I got a new tattoo in June, its of my baby Riley. Shes my 4 year old amstaff. I was on the fence about getting a dog tattoo, I'll be 23 on thursday and I know there will be many more furry friends in my lifetime. I finally decided she would be a great addition to my body. I've struggled with anxiety for years and recently I've been dealing with chronic pelvic pain (endo). She's always been at my side to cheer me up or just to snuggle and watch girly movies. I'm surprised with how well it turned out, I was nervous about color because I didn't want her looking too cartoon-y but I think it looks rad.








Thursday I'll be getting a zeratul on my calf, same leg as the picture a few posts up. And then the artist will start to fill in the rest of my leg to kind of finish off my Starcraft leg. I'm already planning my next one but haven't decided if I want it on my other arm or if I want to just go for it and make it a nice big thigh piece.


----------



## Rhetoric (Aug 8, 2013)




----------



## Liz Herrera (Aug 9, 2013)

*I have a lemur on my back and a octopus on my ankle I have others but there just of flowers*


 




 * I also have a scarification anybody else have one???*


----------



## Aardbark (Aug 9, 2013)

Wow these are all really impressive. Im to much of a wuss to get something that will be perminantly on my body. Ive always admired them though. My favroites are the starcraft tats. Its nice to see other craft fans. Rhetoric, you need to get one of a Zergling!


----------



## Skeetzy (Aug 9, 2013)

Your back piece looks like a painting, that's awesome. Such a different style tattoo. 
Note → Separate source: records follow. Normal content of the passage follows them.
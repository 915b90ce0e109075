-- ===== src/Log.antt =====
-- include/nvalloc/internal/log.h and src/log.c: the bookkeeping log of an arena. A log is a chain of
-- chunks of 1024 bytes in a file of persistent memory, each with a volatile `vlchunk_t` that marks
-- which of its items are live. An object of the heap is known here by its address; the `vlchunk_t`
-- of a chunk is known by the address of that chunk, since no chunk in use has two.
pub mod Layout
pub mod Inv
pub mod Append
pub mod Retire
pub mod Write
pub mod Add
pub mod Collect
pub mod Timer
use nvalloc.Prelude.{
  update, ℕ, zero, suc, ◌+◌, ◌-◌, ◌*◌, ◌/◌, ◌%◌, ◌^◌, ◌≡◌, Bool, true, false, not, Option, none,
  some, List, [], ◌∷◌, ◌++◌, if◌then◌else◌, ltb, leb, ◌==◌, ◌>>=◌, ◌>>◌, assert, get_or, set,
  replicate,
}
use nvalloc.Word.{Word, width, all_zeros, shift_one, word_or, word_and, word_not, ffsl}
use nvalloc.Bitmap.{Bitmap}
use nvalloc.Interleave.{count_to_index}
use nvalloc.Machine.{u64_mod}

abbrev pub null : ℕ
null = 0

abbrev pub log_file_size : ℕ
log_file_size = 10737418240

abbrev pub lchunk_size : ℕ
lchunk_size = 1024

-- `ITEM_SIZE`, and `sizeof(lchunk_t)`: a pointer and a `uint64_t`
abbrev pub item_size : ℕ
item_size = 8

abbrev pub lchunk_header : ℕ
lchunk_header = 16

abbrev pub n_items_per_lchunk : ℕ
n_items_per_lchunk = (lchunk_size - lchunk_header) / item_size

abbrev pub bitmap_array_size : ℕ
bitmap_array_size = (n_items_per_lchunk - 1) / 64 + 1

abbrev pub normal_log : ℕ
normal_log = 0

abbrev pub free_log : ℕ
free_log = 1

abbrev pub file_log : ℕ
file_log = 2

-- `log_item_s`; the bit fields are cut off by `log_item`
pub record LogItem : Type 0 where
  pub type : ℕ
  pub ptr : ℕ
  pub size_version_id : ℕ

-- the assignments to the fields of an item, of 2, 48 and 14 bits
abbrev pub log_item : ℕ → ℕ → ℕ → LogItem
log_item type ptr size_version_id = record {
  type = type % 2 ^ 2;
  ptr = ptr % 2 ^ 48;
  size_version_id = size_version_id % 2 ^ 14;
}

-- `lchunk_s`
pub record LChunk : Type 0 where
  pub next : ℕ
  pub id : ℕ
  pub items : List LogItem

-- `vlchunk_s`, but for the links of the tree and for its own chunk's address
pub record VlChunk : Type 0 where
  pub count : ℕ
  pub bitmap : Bitmap
  pub id : ℕ
  pub pre_lchunk : ℕ

-- `ptr2lchunk` and `ptr2lindex`
unfoldable pub ptr2lchunk : ℕ → ℕ
ptr2lchunk ptr = ptr - ptr % lchunk_size

unfoldable pub ptr2lindex : ℕ → ℕ → ℕ
ptr2lindex ptr lchunk = (ptr - lchunk - lchunk_header) / item_size

-- `&lchunk->items[index]`
abbrev pub item_addr : ℕ → ℕ → ℕ
item_addr lchunk index = lchunk + lchunk_header + item_size * index

unfoldable pub set_bitmap : VlChunk → ℕ → Bool → Option VlChunk
set_bitmap vlchunk index on = do
  assert (ltb index n_items_per_lchunk)
  let a = index / 64
  let b = index % 64
  let w = get_or vlchunk.bitmap a []
  some (record vlchunk {
    bitmap =
        set vlchunk.bitmap a
          (if on then word_or w (shift_one b) else word_and w (word_not (shift_one b)));
  })

unfoldable pub bitmap_empty : Bitmap → Bool
bitmap_empty [] = true
bitmap_empty (w ∷ ws) = if ffsl w == 0 then bitmap_empty ws else false

-- The red-black tree of include/nvalloc/internal/rb.h, generated for chunks: a set of chunks in
-- the order of their addresses.
pub record ChunkTree : Type 1 where
  pub Tree : Type 0
  pub new : Tree
  pub insert : ℕ → Tree → Tree
  pub remove : ℕ → Tree → Tree
  pub search : Tree → ℕ → Bool
  pub elements : Tree → List ℕ
  pub search-new : (a : ℕ) → search new a ≡ false
  pub search-insert :
      (t : Tree) (k a : ℕ) → search (insert k t) a ≡ (if k == a then true else search t a)
  pub search-remove :
      (t : Tree) (k a : ℕ) → search (remove k t) a ≡ (if k == a then false else search t a)

-- the zeroed volatile and persistent parts of a chunk, but for the identifier
abbrev pub fresh_vlchunk : ℕ → VlChunk
fresh_vlchunk id = record {
  count = 0;
  bitmap = all_zeros width ∷ all_zeros width ∷ [];
  id = id;
  pre_lchunk = null;
}

abbrev pub fresh_lchunk : ℕ → LChunk
fresh_lchunk id = record {
  next = null;
  id = id;
  items = replicate n_items_per_lchunk (log_item 0 0 0);
}

module _ (tree : ChunkTree) where
  open tree use {Tree, new, insert, remove, search, elements}

  -- `vlog_s`, with the chunks that its pointers lead to, and with the head of the log file: `alt`
  -- and the root chunks of the two `log_t`, of which `log` names the one in use
  pub record VLog : Type 0 where
    pub gc_timer : ℕ
    pub vlchunks : Tree
    pub tail : ℕ
    pub global_lchunk_id : ℕ
    pub global_free_list : List ℕ
    pub log_file_addr : ℕ
    pub log_file_used : ℕ
    pub num_of_chunks : ℕ
    pub num_of_items : ℕ
    pub alt : ℕ
    pub roots : ℕ → ℕ
    pub log : ℕ
    pub volatile : ℕ → VlChunk
    pub persistent : ℕ → LChunk

  -- the part of `vlchunk_alloc` after a chunk has been chosen
  unfoldable pub vlchunk_reset : VLog → ℕ → VLog
  vlchunk_reset vlog lchunk = record vlog {
    volatile = update vlog.volatile lchunk (fresh_vlchunk vlog.global_lchunk_id);
    persistent = update vlog.persistent lchunk (fresh_lchunk vlog.global_lchunk_id);
    global_lchunk_id = vlog.global_lchunk_id + 1;
    num_of_chunks = vlog.num_of_chunks + 1;
  }

  -- a chunk from the free list, of which the first argument is the value, or else from the file
  unfoldable pub chunk_from : List ℕ → VLog → Option (ℕ × VLog)
  unfolding vlchunk_reset
  chunk_from [] vlog =
      let used = vlog.log_file_used + lchunk_size in
      let lchunk = vlog.log_file_addr + vlog.log_file_used in
      if leb log_file_size used
      then none
      else some (lchunk, vlchunk_reset (record vlog { log_file_used = used }) lchunk)
  chunk_from (lchunk ∷ rest) vlog =
      some (lchunk, vlchunk_reset (record vlog { global_free_list = rest }) lchunk)

  -- `none` when the file is full, where the program exits
  unfoldable pub vlchunk_alloc : VLog → Option (ℕ × VLog)
  unfolding chunk_from
  vlchunk_alloc vlog = chunk_from vlog.global_free_list vlog

  -- the chunk and index at which the next item goes; a full tail gets a new chunk behind it
  unfoldable pub next_slot : VLog → Option (ℕ × ℕ × VLog)
  unfolding vlchunk_alloc
  next_slot vlog =
      let index = count_to_index (vlog.volatile vlog.tail).count in
      if leb n_items_per_lchunk index
      then (do
        (lchunk, v) ← vlchunk_alloc vlog
        let v' : VLog = record v {
          volatile = update v.volatile lchunk (record (v.volatile lchunk) { pre_lchunk = v.tail });
          persistent = update v.persistent v.tail (record (v.persistent v.tail) { next = lchunk });
          vlchunks = insert lchunk v.vlchunks;
          tail = lchunk;
        }
        some (lchunk, count_to_index (v'.volatile lchunk).count, v'))
      else some (vlog.tail, index, vlog)

  -- `set_bitmap` on the chunk at an address
  unfoldable pub mark : VLog → ℕ → ℕ → Bool → Option VLog
  mark vlog lchunk index on = do
    vl ← set_bitmap (vlog.volatile lchunk) index on
    some (record vlog { volatile = update vlog.volatile lchunk vl })

  -- what `add_log` does to the chunk of the item that a free record names
  unfoldable pub retire : VLog → ℕ → Option (ℕ × VLog)
  retire vlog ptr = do
    let lchunk = ptr2lchunk ptr
    assert (search vlog.vlchunks lchunk)
    v ← mark vlog lchunk (ptr2lindex ptr lchunk) false
    some ((v.volatile lchunk).id, v)

  -- the item is written, counted and marked
  unfoldable pub write_item : VLog → ℕ → ℕ → LogItem → Option VLog
  write_item vlog lchunk index item =
      let chunk = vlog.persistent lchunk in
      let vl = vlog.volatile lchunk in
      mark
        (record vlog {
          persistent =
              update vlog.persistent lchunk (record chunk { items = set chunk.items index item });
          volatile = update vlog.volatile lchunk (record vl { count = vl.count + 1 });
        })
        lchunk index true

  -- `add_log` up to its trigger of garbage collection: the address of the item, and the log
  unfoldable pub append_log : VLog → ℕ → ℕ → ℕ → Bool → Option (ℕ × VLog)
  append_log vlog type ptr size_version_id slab = do
    (lchunk, index, v) ← next_slot vlog
    let item = log_item type ptr (if slab then size_version_id + 1 else size_version_id)
    let freed : Option VLog = (do
      (id, v') ← retire v item.ptr
      write_item v' lchunk index (record item { size_version_id = id % 2 ^ 14 }))
    let added = write_item (record v { num_of_items = v.num_of_items + 1 }) lchunk index item
    v'' ← (if item.type == free_log then freed else added)
    some (item_addr lchunk index, v'')

  -- the first loop of `fast_GC`, over the chunks in the order of the tree: the empty ones are
  -- unlinked from the chain and collected
  unfoldable pub unlink_empty : List ℕ → VLog → List ℕ × VLog
  unfolding bitmap_empty
  unlink_empty [] vlog = ([], vlog)
  unlink_empty (c ∷ cs) vlog =
      let vl = vlog.volatile c in
      let lc = vlog.persistent c in
      let persistent = update vlog.persistent c (record lc { id = 0 }) in
      let pre = persistent vl.pre_lchunk in
      let unlinked =
        if vl.pre_lchunk == null
        then persistent
        else update persistent vl.pre_lchunk (record pre { next = (persistent c).next }) in
      let empty = bitmap_empty vl.bitmap in
      let next =
        if empty
        then record vlog {
          volatile = update vlog.volatile c (record vl { id = 0 });
          persistent = unlinked;
        }
        else vlog in
      let (freed, v) = unlink_empty cs next in (if empty then c ∷ freed else freed, v)

  -- its second loop, over the collected chunks; the counters are `uint64_t`
  unfoldable pub release_chunks : List ℕ → VLog → VLog
  release_chunks [] vlog = vlog
  release_chunks (c ∷ cs) vlog = release_chunks cs (record vlog {
    num_of_chunks = (vlog.num_of_chunks + u64_mod - 1) % u64_mod;
    num_of_items = (vlog.num_of_items + u64_mod - n_items_per_lchunk) % u64_mod;
    vlchunks = remove c vlog.vlchunks;
    global_free_list = vlog.global_free_list ++ c ∷ [];
  })

  unfoldable pub fast_gc : VLog → VLog
  unfolding unlink_empty release_chunks
  fast_gc vlog =
      let (freed, v) = unlink_empty (elements vlog.vlchunks) vlog in release_chunks freed v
I've gotten quite a bit done since last post, no real pictures though. 95% done my right half sleeve, finished my chest and corner of my shoulders. Time to finish my left half sleeve.


----------



## Josh (Aug 9, 2013)

Some awesome pieces in this thread. I haven't ever committed to getting a tattoo myself but I probably will one day!


----------



## Rhetoric (Aug 9, 2013)

Aardbark said:


> Wow these are all really impressive. Im to much of a wuss to get something that will be perminantly on my body. Ive always admired them though. My favroites are the starcraft tats. Its nice to see other craft fans. Rhetoric, you need to get one of a Zergling!



My boyfriend has a hydralisk lol


----------



## Concept Dragons (Aug 19, 2013)

I'm planning on getting 2 tats in the near future  one of "the Darkness" (comic) and a Tegu


----------